Aquella mañana, no sé exactamente cuánto tiempo hace, aún vivía en casa, llamé a mi hija pequeña por teléfono para invitarla a comer. Pese a que insistió, no quise adelantarle el motivo de nuestro encuentro. Antes de salir cogí el Stetson gris olvidado en la parte superior del armario. La costumbre me llevó frente a la pared donde habían estado la cómoda de nogal y el espejo. Tuve que conformarme con el del recibidor. En el desangelado vestíbulo de mi casa de viudo reciente recobré de forma maquinal un antiguo gesto: apenas pasar los dedos por el borde del ala del sombrero y estirar después el cuello acomodando la corbata. Un rosario de ademanes repetidos miles de veces, muchos de los cuales han perdido la consciencia y comienzan a perder el contexto.

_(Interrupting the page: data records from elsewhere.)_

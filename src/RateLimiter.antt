-- ===== src/RateLimiter.antt =====
-- core/rate_limiter.py. Time is counted in milliseconds from the start of the monotonic clock, which
-- is taken to have no fractions: `60.0` is 60000 and `0.05` is 50. What a coroutine does while it
-- holds the lock is one function; what happens between two of them is a step of RateLimiter/Queue.
pub mod Window
pub mod Queue
pub mod Reload
use ai_proxy.Common.{
  ℕ, zero, suc, ◌+◌, ◌-◌, ◌≤◌, String, Bool, true, false, Option, none, some, List, [], ◌∷◌, ◌++◌,
  ◌==◌, ◌&&◌, if◌then◌else◌, length, ltb, leb, nat_eq,
}
use Prim.Native.Nat.{max}
use ai_proxy.Dict
use ai_proxy.Dict.{Dict}
use ai_proxy.Json.{ℤ, pos, negsuc}
use ai_proxy.Config.{ProviderConfig, RateLimitConfig}

-- `ProviderRateLimiter`: `rpm` is the number of requests in a window, and `waiting` is `_pending`.
pub record Limiter : Type 0 where
  pub rpm : ℕ
  pub max_queue : ℤ
  pub timestamps : List ℕ
  pub waiting : ℕ

abbrev pub window : ℕ
window = 60000

-- `while self._timestamps and self._timestamps[0] <= window_start: popleft()`
unfoldable pub prune : ℕ → List ℕ → List ℕ
prune now [] = []
prune now (t ∷ ts) = let rest = prune now ts in if leb (t + window) now then rest else t ∷ ts

abbrev oldest : List ℕ → ℕ
oldest [] = 0
oldest (t ∷ ts) = t

-- How long the round asks to sleep: until the oldest request leaves the window, and 50 at least.
unfoldable pub wait_time : ℕ → List ℕ → ℕ
wait_time now ts = max (oldest ts + window - now) 50

-- One round of the loop in `acquire`, under the lock: `none` where a slot is taken, else the time to
-- sleep.
unfoldable pub acquire_round : ℕ → Limiter → Limiter × Option ℕ
unfolding prune wait_time
acquire_round now l =
    let live = prune now l.timestamps in
    if ltb (length live) l.rpm
    then (record l { timestamps = live ++ now ∷ []; waiting = l.waiting - 1 }, none)
    else (record l { timestamps = live }, some (wait_time now live))

-- `self._pending += 1`, unless there is no limit: then `acquire` returns at once.
unfoldable pub begin_acquire : Limiter → Limiter
begin_acquire l = if ltb 0 l.rpm then record l { waiting = l.waiting + 1 } else l

-- `except BaseException: self._pending -= 1`
unfoldable pub abandon : Limiter → Limiter
abandon l = record l { waiting = l.waiting - 1 }

-- What the coroutines that call `acquire` do, one at a time: come in, make a round at a time, or be
-- cancelled while they wait.
pub data Event : Type 0 where
  enter : Event
  round : (now : ℕ) → Event
  cancel : Event

-- The slot that a round took, if it took one.
abbrev pub grant : ℕ → Option ℕ → List ℕ
grant now none = now ∷ []
grant now (some wait) = []

-- The limiter after the events, with the times that got a slot, in their order.
unfoldable pub run : List Event → Limiter → List ℕ → Limiter × List ℕ
unfolding begin_acquire abandon acquire_round
run [] l granted = (l, granted)
run (enter ∷ events) l granted = run events (begin_acquire l) granted
run (cancel ∷ events) l granted = run events (abandon l) granted
run (round now ∷ events) l granted =
    let (l', result) = acquire_round now l in run events l' (granted ++ grant now result)

-- `self._pending > self.max_queue`
unfoldable pub is_queue_full : Limiter → Bool
is_queue_full l = elim l.max_queue [ pos n ↦ ltb n l.waiting | negsuc n ↦ true ]

abbrev pub positive : ℤ → ℕ
positive (pos n) = n
positive (negsuc n) = 0

-- `config.rpm or 0`; a limit that is not positive is no limit, like 0.
abbrev pub rpm_of : Option ℤ → ℕ
rpm_of none = 0
rpm_of (some n) = positive n

unfoldable pub new_limiter : RateLimitConfig → Limiter
new_limiter config = record {
  rpm = rpm_of config.rpm;
  max_queue = config.max_queue;
  timestamps = [];
  waiting = 0;
}

-- The limiter that is in place, if its limit is still the same.
abbrev pub reuse : ℕ → Limiter → Option Limiter → Limiter
reuse rpm fresh none = fresh
reuse rpm fresh (some old) = if nat_eq old.rpm rpm then old else fresh

-- One round of the loop of `build_rate_limiters`.
unfoldable pub build_limiter : Dict Limiter → String → ProviderConfig → Dict Limiter → Dict Limiter
build_limiter limiters name prov_config new_limiters =
    let rate_cfg = prov_config.rate_limit in
    if ltb 0 (rpm_of rate_cfg.rpm)
    then Dict.set new_limiters name
        (reuse (rpm_of rate_cfg.rpm) (new_limiter rate_cfg) (Dict.get limiters name))
    else new_limiters

build_limiters_from : Dict Limiter → Dict ProviderConfig → Dict Limiter → Dict Limiter
build_limiters_from limiters [] new_limiters = new_limiters
build_limiters_from limiters ((name, prov_config) ∷ providers) new_limiters =
    build_limiters_from limiters providers (build_limiter limiters name prov_config new_limiters)

-- The limiters after a start or a reload, from those in place.
unfoldable pub build_rate_limiters : Dict Limiter → Dict ProviderConfig → Dict Limiter
unfolding build_limiters_from
build_rate_limiters limiters providers = build_limiters_from limiters providers []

No me acostumbraba a extender la mano para dejar o tocar y no hallar los muebles que, en los últimos tiempos, había ido repartiendo entre los hijos. Más que apego debía ser hábito. En el asilo yo prefiero llamarlo el asilo, a pesar de lo que cuesta mantenerme aquí —no permiten conservar más que unos pocos objetos personales y algunos cuadros—. Al fin y al cabo, importa poco cuando se está del otro lado. Yo acababa de descubrirlo.
La perspectiva de la mudanza no me entristecía. Prefiero esta opción al bullicio de los nietos y a compartir otras costumbres. Cerré la puerta con sus tres llaves y me dispuse a iniciar un trayecto que había realizado por última vez quince años antes, el día de mi jubilación. Pretendía recuperar un pequeño tubo metálico, de aquellos de optalidones, que había ocultado en un viejo muro de piedra de las afueras de la ciudad. Aún me quedaban dos horas antes de encontrarme con mi hija. Tiempo suficiente para decidir qué le diría al entregárselo.

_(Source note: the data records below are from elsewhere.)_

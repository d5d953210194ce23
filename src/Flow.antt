-- ===== src/Flow.antt =====
-- api/proxy/request_flow.py: who may send the request, where it goes, and whether it has to be
-- turned away. A response of the proxy's own is a status with a message.
use ai_proxy.Common.{ℕ, String, append, Bool, Option, none, some, List, ◌==◌, if◌then◌else◌}
use ai_proxy.Dict
use ai_proxy.Dict.{Dict}
use ai_proxy.Text.{drop_prefix}
use ai_proxy.Json.{Json, str, JsonObject, truthy}
use ai_proxy.Config.{AppConfig}
use ai_proxy.Adapter.{BaseAdapter}
use ai_proxy.Auth.{Settings, Validation, get_configured_api_keys, validate_proxy_api_key}
use ai_proxy.Access.{check_model_access}
use ai_proxy.Catalog.{ProviderModels}
use ai_proxy.Routing.{RouteResult, Resolved, found, value_error, resolve_model}
use ai_proxy.RateLimiter.{Limiter, is_queue_full, begin_acquire}

-- What a step of the handler gives: a value, a response at once, or an exception that no one
-- catches, which the server answers with 500.
pub data Reply (A : Type 0) : Type 0 where
  continue : A → Reply A
  respond : (status : ℕ) → (message : String) → Reply A
  crash : Reply A

infixl 5 ◌>>=◌
abbrev pub ◌>>=◌ : {A B : Type 0} → Reply A → (A → Reply B) → Reply B
continue a >>= f = f a
respond status message >>= f = respond status message
crash >>= f = crash

abbrev pub or_empty : Option String → String
or_empty none = ""
or_empty (some s) = s

-- The framework keeps the names of headers in lower case.
unfoldable pub extract_api_key : Dict String → Option String
unfolding drop_prefix
extract_api_key headers = drop_prefix "Bearer " (or_empty (Dict.get headers "authorization"))

-- What the handler reads beside the request: the configuration, the settings of the environment,
-- the adapters, the models that the providers list, and the hash of keys.
pub record Env : Type 0 where
  pub config : AppConfig
  pub settings : Settings
  pub registry : Dict BaseAdapter
  pub provider_models : Dict ProviderModels
  pub hash_api_key : String → String

abbrev pub configured_keys : Env → List String
configured_keys env = get_configured_api_keys (some env.config) env.settings

abbrev pub authenticated : Option String → Validation → Reply (String × String × Bool)
authenticated api_key (is_valid, key_hash, is_known_key) =
    if is_valid
    then continue (or_empty api_key, key_hash, is_known_key)
    else respond 401 "Invalid API key"

unfoldable pub authenticate_proxy_request : Env → Dict String → Reply (String × String × Bool)
unfolding extract_api_key
authenticate_proxy_request env headers =
    let api_key = extract_api_key headers in
    authenticated api_key (
      validate_proxy_api_key env.hash_api_key (configured_keys env) api_key
        env.config.bypass.enabled)

abbrev pub routed : String → Resolved → Reply (String × RouteResult)
routed model (found route) = continue (model, route)
routed model (value_error message) = respond 404 message

abbrev pub route_model : Env → JsonObject → String → String → Reply (String × RouteResult)
route_model env body key_hash model =
    let (allowed, reason) = check_model_access env.config key_hash model in
    if allowed
    then routed model (resolve_model env.config env.registry env.provider_models model body)
    else respond 403 reason

-- A model that is a text is looked up. Any other value that counts as true is taken to make the code
-- raise: a number, at the test `"+" not in model`; a list or an object, at the lookup of the model in a
-- `dict` or the match with a pattern. (Python's text of a list or an object with a `+` and a provider
-- behind it could be the name of a mapping; such mappings are left out.)
abbrev pub route_value : Env → JsonObject → String → Option Json → Reply (String × RouteResult)
route_value env body key_hash none = respond 400 "model field is required"
route_value env body key_hash (some (str model)) =
    if model == ""
    then respond 400 "model field is required"
    else route_model env body key_hash model
route_value env body key_hash (some v) =
    if truthy v then crash else respond 400 "model field is required"

unfoldable pub validate_and_route_request : Env → JsonObject → String → Reply (String × RouteResult)
unfolding truthy
validate_and_route_request env body key_hash = route_value env body key_hash (Dict.get body "model")

-- The request joins the queue of its provider's limiter, in which it waits for its slot, or is
-- turned away; without a limiter nothing happens.
abbrev pub joined : Dict Limiter → String → Option Limiter → Reply (Dict Limiter)
joined limiters provider_name none = continue limiters
joined limiters provider_name (some limiter) =
    if is_queue_full limiter
    then respond 429 (append "Rate limiter queue full for provider " provider_name)
    else continue (Dict.set limiters provider_name (begin_acquire limiter))

unfoldable pub apply_rate_limit : Dict Limiter → String → Reply (Dict Limiter)
unfolding is_queue_full begin_acquire
apply_rate_limit limiters provider_name =
    joined limiters provider_name (Dict.get limiters provider_name)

        Me miró sorprendida al verme entrar en el restaurante. “Te queda muy bien”, dijo. Muy poca gente usa ya sombrero en esta ciudad, en este país que se me escapa; incluso yo dejé de hacerlo durante casi treinta años años. Ahora me lo pongo cuando salgo a comer con la familia, o al Centro de Salud. Fue esta prenda quien provocó y zanjó el viaje más importante de mi vida.
El sinsombrerismo de finales de los veinte terminó con algo más que con la razonable fortuna familiar: acabó con mis posibilidades de elección cuando apenas comenzaban a vislumbrarse.
“¿Sabías que mi padre tenía una fábrica de sombreros en La Habana?”. Pedimos el aperitivo. Nunca me pregunté por qué, quizás porque mi abuelo la había tenido antes. Mi curiosidad no llegaba más atrás. La de mi hija tampoco. Parecía indecisa. Yo no lo dudé: cordero. Tener una fábrica de sombreros en América era para mí tan natural como poseer la tierra, los árboles o las cuadras de la granja asturiana en la que nací precediendo a ocho hermanos.
Había oído hablar en muchas ocasiones de aquel negocio, casi siempre con preocupación; pero hasta que cumplí dieciséis años no supe que los ingresos de la sombrerería habían ido disminuyendo desde el regreso de mi padre a España. Las explicaciones del administrador no parecían convincentes y mi padre, que se había casado mayor, no se sentía con fuerzas para emprender un viaje. Yo lo hice en su lugar. De la travesía guardo pocos recuerdos, que el mar estuvo especialmente malo, sobre todo a medida que nos acercábamos, y que las condiciones de los pasajeros, no la mía, eran precarias. Una mezcla de angustia y esperanza, de incertidumbre y desamparo difíciles de describir. Mi estancia en La Habana fue breve. Me llamaba más la atención el mundo que se desplegaba ante mis ojos, lejos de la mirada de mi padre y de los reproches de mi madre, que las cuentas y explicaciones que me ofrecían. No encontré nada irregular en los libros, seguramente porque la irregularidad se hallaba fuera de ellos, pero entonces no se me ocurrió.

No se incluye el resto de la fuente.